───── Records for this exercise ─────

-- ===== src/Inspection.antt =====
-- inspection.py: the static inspection of a pathway definition.
pub mod Laws
use responsibility_pathway_r.Prelude.{
  String, Bool, true, false, not, ◌&&◌, ◌||◌, Option, none, some, List, [], ◌∷◌, ◌++◌, ◌==◌, any,
  holds, is_blank, is_empty, concat, select, if◌then◌else◌,
}
use responsibility_pathway_r.Models.{
  ActionClass, ActionClass-discrete, EnvironmentTrust, EnvironmentTrust-discrete, RuntimeDecision,
  RouteClass, ReceiverEligibility, approval_required, reversible_external, high_impact,
  untrusted_public, adversarial, bounded_human_return, ineligible, requires_reevaluation, eligible,
  hold, allow, human_gate,
}
use responsibility_pathway_r.Models.Definition.{ResponsibilityRoute, PathwayDefinition}
use responsibility_pathway_r.Authority.{or_blank}

pub data Severity : Type 0 where
  error warning : Severity

pub record ValidationFinding : Type 0 where
  pub code : String
  pub message : String
  pub severity : Severity

pub record InspectionResult : Type 0 where
  pub valid : Bool
  pub decision : RuntimeDecision
  pub findings : List ValidationFinding
  pub human_return_available : Bool
  pub degradation_mode : String
  pub next_required_authority : Option String
  pub next_required_action : Option String

abbrev pub finding : String → String → Severity → ValidationFinding
finding code message severity = record { code = code; message = message; severity = severity }

abbrev missing : String → ValidationFinding
missing name = finding (concat name "_missing") (concat name " is required") error

-- One finding where the test holds.
abbrev pub when : Bool → ValidationFinding → List ValidationFinding
when true f = f ∷ []
when false f = []

-- The loop over the `required` names and their values.
unfoldable pub missing_names : List (String × String) → List ValidationFinding
unfolding is_blank
missing_names [] = []
missing_names ((name, value) ∷ rest) = when (is_blank value) (missing name) ++ missing_names rest

required_of_route : ResponsibilityRoute → List (String × String)
required_of_route r =
    ("route_source_holder", r.source_holder)
    ∷ ("route_destination", r.destination)
    ∷ ("route_authority_class", r.authority_class)
    ∷ ("route_delegation_scope", r.delegation_scope)
    ∷ ("route_closure_condition", r.closure_condition)
    ∷ ("route_reevaluation_condition", r.reevaluation_condition)
    ∷ ("route_residual_owner", r.residual_owner)
    ∷ []

is_nil {ℓ} : {A : Type ℓ} → List A → Bool
is_nil [] = true
is_nil (_ ∷ _) = false

-- The two findings on `allowed_next_actions`.
action_findings : List String → List ValidationFinding
unfolding any is_blank
action_findings [] =
    finding "route_allowed_next_actions_missing"
      "A responsibility route must bound at least one allowed next action" error
    ∷ []
action_findings (a ∷ actions) = when (any is_blank (a ∷ actions)) (
    finding "route_allowed_next_actions_blank" "Responsibility route actions must be non-empty"
      error)

eligibility_findings : ReceiverEligibility → List ValidationFinding
eligibility_findings eligible = []
eligibility_findings ineligible =
    finding "route_receiver_ineligible"
      "An ineligible receiver cannot be selected as the active responsibility route destination"
      error
    ∷ []
eligibility_findings requires_reevaluation =
    finding "route_receiver_requires_reevaluation"
      "Receiver eligibility must be reevaluated before the route is relied on" warning
    ∷ []

abbrev is_human_return : RouteClass → Bool
is_human_return bounded_human_return = true
is_human_return _ = false

-- `_inspect_responsibility_route`, where the pathway has a route
unfoldable pub route_findings : PathwayDefinition → ResponsibilityRoute → List ValidationFinding
unfolding missing_names required_of_route action_findings eligibility_findings
route_findings d r =
    missing_names (required_of_route r)
    ++ action_findings r.allowed_next_actions
    ++ when (not (r.residual_owner == d.residual_owner)) (
        finding "route_residual_owner_mismatch"
          "Responsibility routing must preserve the pathway residual owner unless ownership is explicitly redesigned"
          error)
    ++ eligibility_findings r.receiver_eligibility
    ++ when (is_human_return r.route_class && is_blank d.human_return_point) (
        finding "bounded_human_return_point_missing"
          "A bounded human-return route requires a concrete human return point" error)

unfoldable pub inspect_responsibility_route :
    PathwayDefinition → Option ResponsibilityRoute → List ValidationFinding
unfolding route_findings
inspect_responsibility_route d none = []
inspect_responsibility_route d (some r) = route_findings d r

required_of_pathway : PathwayDefinition → List (String × String)
required_of_pathway d =
    ("pathway_id", d.pathway_id)
    ∷ ("action_name", d.action_name)
    ∷ ("decision_owner", d.decision_owner)
    ∷ ("execution_actor", d.execution_actor)
    ∷ ("stop_authority", d.stop_authority)
    ∷ ("evidence_owner", d.evidence_owner)
    ∷ ("repair_owner", d.repair_owner)
    ∷ ("resume_authority", d.resume_authority)
    ∷ ("residual_owner", d.residual_owner)
    ∷ []

abbrev pub needs_approval : ActionClass → Bool
needs_approval approval_required = true
needs_approval reversible_external = true
needs_approval high_impact = true
needs_approval _ = false

abbrev pub is_high_impact : ActionClass → Bool
is_high_impact high_impact = true
is_high_impact _ = false

abbrev pub is_untrusted : EnvironmentTrust → Bool
is_untrusted untrusted_public = true
is_untrusted adversarial = true
is_untrusted _ = false

abbrev pub is_adversarial : EnvironmentTrust → Bool
is_adversarial adversarial = true
is_adversarial _ = false

-- The findings of `inspect_pathway`, in its order.
unfoldable pub pathway_findings : PathwayDefinition → List ValidationFinding
unfolding missing_names required_of_pathway
pathway_findings d =
    missing_names (required_of_pathway d)
    ++ inspect_responsibility_route d d.responsibility_route
    ++ when (needs_approval d.action_class && is_blank (or_blank d.approval_authority)) (
        finding "approval_authority_missing" "This action class requires an approval authority"
          error)
    ++ when (is_high_impact d.action_class && is_blank d.human_return_point) (
        finding "high_impact_human_return_point_missing"
          "A high-impact Human Gate requires a concrete human return point" error)
    ++ when (is_high_impact d.action_class && d.stop_authority == d.execution_actor) (
        finding "stop_execution_authority_not_separated"
          "High-impact actions should separate stop authority from execution actor" error)
    ++ when (is_untrusted d.environment_trust) (
        finding "untrusted_environment"
          "Untrusted environments require an explicit human gate before external mutation" warning)

abbrev pub is_error : ValidationFinding → Bool
is_error f = elim f.severity [ error ↦ true | warning ↦ false ]

unfoldable pub has_errors : List ValidationFinding → Bool
unfolding select is_nil
has_errors fs = not (is_nil (select is_error fs))

unfoldable pub needs_reevaluation : List ValidationFinding → Bool
unfolding any
needs_reevaluation fs = any (λ f. f.code == "route_receiver_requires_reevaluation") fs

-- `text or None`
abbrev or_none : String → Option String
or_none s = if is_empty s then none else some s

-- The decision, the degradation mode, the next authority and the next action.
abbrev pub Conclusion : Type 0
Conclusion = RuntimeDecision × String × Option String × Option String

unfoldable pub conclude : PathwayDefinition → Bool → Bool → Conclusion
conclude d errors reevaluate =
    if errors
    then (
      hold,
      "invalid_pathway_definition",
      or_none d.decision_owner,
      some "correct_pathway_definition",
    )
    else if reevaluate
    then (
      hold,
      "route_reevaluation_required",
      some d.decision_owner,
      some "reevaluate_responsibility_route",
    )
    else if is_adversarial d.environment_trust
    then (hold, "safe_only", some d.stop_authority, some "review_adversarial_environment")
    else if is_high_impact d.action_class
    then (
      RuntimeDecision.human_gate,
      "limited",
      d.approval_authority,
      some "perform_explicit_human_review",
    )
    else if needs_approval d.action_class
    then (allow, "approval_pending", d.approval_authority, some "approve_or_deny")
    else (allow, "full", some d.execution_actor, some "execute_bounded_action")

unfoldable pub inspect_pathway : PathwayDefinition → InspectionResult
unfolding conclude
inspect_pathway d =
    let fs = pathway_findings d in
    let errors = has_errors fs in
    let c = conclude d errors (needs_reevaluation fs) in
    record {
      valid = not errors;
      decision = c.0;
      findings = fs;
      human_return_available = not (is_blank d.human_return_point);
      degradation_mode = c.1;
      next_required_authority = c.2;
      next_required_action = c.3;
    }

─────

Task to complete: Filter the lines above, keeping and copying those that contain "some".

Finished exercise:
  String, Bool, true, false, not, ◌&&◌, ◌||◌, Option, none, some, List, [], ◌∷◌, ◌++◌, ◌==◌, any,
inspect_responsibility_route d (some r) = route_findings d r
or_none s = if is_empty s then none else some s
      some "correct_pathway_definition",
      some d.decision_owner,
      some "reevaluate_responsibility_route",
    then (hold, "safe_only", some d.stop_authority, some "review_adversarial_environment")
      some "perform_explicit_human_review",
    then (allow, "approval_pending", d.approval_authority, some "approve_or_deny")
    else (allow, "full", some d.execution_actor, some "execute_bounded_action")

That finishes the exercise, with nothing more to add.